‘In Case You Missed It’ Review: The Future

Filmmakers who do other things than direct movies fascinate me. In a day and age of accessibility, that’s most directors, but I think that directors who write books, create podcasts, create art or music, and things like that are just extremely interesting. To me it signifies an artist who can never get enough from just one art form. That’s something that I respect and can relate to quite a bit.

Miranda July is a performance artist, probably most known for her film, Me and You and Everyone We Know. It’s a fantastic film, and I recommend it to anyone and everyone. July is quite the outside-of-the-box thinker, analyzing everything, and really giving life meaning in her own quirky way. She’s also written numerous books on different subjects, but she really seems like a person who wants to be heard. Heard through her writing, and through her films, her music, and especially through her speaking engagements. Miranda July is an artist, but an unconventional one. She’s not an artist who gives us something to look at and tells us to interpret it. No, she gives us a situation or a character or a setting and allows us to sometimes fill in the blanks, or infer what we want. She allows art to be subjective, never definite.

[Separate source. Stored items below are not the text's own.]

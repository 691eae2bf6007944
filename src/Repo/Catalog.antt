-- ===== src/Repo/Catalog.antt =====
-- do/repo/db/dal/packCatalog.ts: the statements on the table `pack_catalog`, whose primary key is
-- the pack key. Rows that agree on every column of an ORDER BY keep their order in the table.
pub mod Batches
pub mod Rows
use git_on_cloudflare.Base.{
  ℕ, zero, suc, Bool, true, false, ◌&&◌, ◌||◌, List, [], ◌∷◌, map, Option, none, some, Text,
  text_eq, if◌then◌else◌, ltb, leb, ◌==◌, filter_by, any, sort_by, take, drop, length, is_empty,
}
use git_on_cloudflare.Repo.State.{PackCatalogRow, PackState, active, superseded}

abbrev pub is_active : PackState → Bool
is_active active = true
is_active superseded = false

-- ORDER BY seq_hi DESC, tier DESC.
abbrev pub newer_first : PackCatalogRow → PackCatalogRow → Bool
newer_first a b = ltb b.seq_hi a.seq_hi || (a.seq_hi == b.seq_hi && leb b.tier a.tier)

unfoldable pub list_active_pack_catalog : List PackCatalogRow → List PackCatalogRow
list_active_pack_catalog table = sort_by newer_first (filter_by (λ r. is_active r.state) table)

pub list_pack_catalog : List PackCatalogRow → List PackCatalogRow
list_pack_catalog table = sort_by newer_first table

unfoldable pub get_pack_catalog_row : List PackCatalogRow → Text → Option PackCatalogRow
get_pack_catalog_row [] key = none
get_pack_catalog_row (r ∷ rs) key =
    if text_eq r.pack_key key then some r else get_pack_catalog_row rs key

-- INSERT … ON CONFLICT (pack_key) DO UPDATE, which sets every other column.
unfoldable pub upsert_pack_catalog_row : List PackCatalogRow → PackCatalogRow → List PackCatalogRow
upsert_pack_catalog_row [] row = row ∷ []
upsert_pack_catalog_row (r ∷ rs) row =
    let rest = upsert_pack_catalog_row rs row in
    if text_eq r.pack_key row.pack_key then row ∷ rs else r ∷ rest

abbrev pub contains_key : List Text → Text → Bool
contains_key keys key = any (λ k. text_eq k key) keys

-- UPDATE … SET state = 'superseded' WHERE pack_key IN (batch).
abbrev pub supersede_row : List Text → Option Text → PackCatalogRow → PackCatalogRow
supersede_row keys superseded_by r =
    if contains_key keys r.pack_key
    then record r { state = superseded; superseded_by = superseded_by }
    else r

unfoldable pub supersede_batch : List Text → Option Text → List PackCatalogRow → List PackCatalogRow
supersede_batch batch superseded_by table = map (supersede_row batch superseded_by) table

abbrev pub safe_rows_1col : ℕ
safe_rows_1col = 80

-- The loop over slices of 80 keys. `keys` is the part from `i` on, and each round takes at least
-- one key, so its length is enough fuel.
unfoldable pub supersede_batches :
    ℕ → List Text → Option Text → List PackCatalogRow → List PackCatalogRow
supersede_batches zero keys superseded_by table = table
supersede_batches (suc fuel) keys superseded_by table =
    let rest =
      supersede_batches fuel (drop safe_rows_1col keys) superseded_by
        (supersede_batch (take safe_rows_1col keys) superseded_by table) in
    if is_empty keys then table else rest

unfoldable pub supersede_pack_catalog_rows :
    List PackCatalogRow → List Text → Option Text → List PackCatalogRow
supersede_pack_catalog_rows table keys superseded_by =
    if is_empty keys then table else supersede_batches (length keys) keys superseded_by table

Her new film, The Future, is quite cerebral and artistic, but not just for the sake of being cerebral and artistic. The film, much like July herself, is an observation on life told through the perspective of a rapidly aging couple named Sophie (Miranda July) and Jason (Hamish Linklater). Both around 35, they feel as if they haven’t done enough with their lives. They decide to adopt a cat, and have one month until they’re allowed to take it home. They feel like that month is their last month free of any life changing responsibility, so they plan to live as much as they can.


They both quit their jobs in an attempt to find work that is more beneficial to the world, and not only themselves. Jason begins going door to door trying to sell people trees to help the environment, while Sophie stays home and takes a stab at uploading dances to the internet with the hopes of getting a lot of views.

Earlier in the film, while Jason and Sophie were filling out adoption forms for their new cat, Paw-Paw, Jason purchases a sketch from a man named Marshall (David Warshofsky), a seemingly well-meaning and struggling artist who owns a company that creates banners for businesses. On the back of the picture is his phone number, which Sophie accidentally sees when the picture’s tape fails and it falls to the ground. Their chance encounter quickly turns into an affair.

It’s around this point where the film takes a turn for the odd and strangely beautiful. Jason befriends an older man named Joe (Joe Putterlik), who gives Jason quite a bit of much needed advice about the future of his relationship with Sophie. The character of Joe is only present in about two scenes of the film, but it’s one of the more important characters in the picture as a whole.

The Future is a strange love story about two people just trying to figure out the world. To them, 35 is old, but to people like Joe, 35 is just the beginning, which is the question the film poses. When is young, when is old, and when do we know the difference? Do we ever reach a certain age where anything is too late, or are we just too discouraged to do the things we really want?

At around 90 minutes, the film is short but not brief, smart without being cocky, and thoughtful without being preachy to the audience. The characters in the film are just as helpless as the viewer, which in a way comforted me. It gave me the notion that I was on the same exact journey that our characters wereHelplessness is much more interesting when viewed from the perspective of somebody else.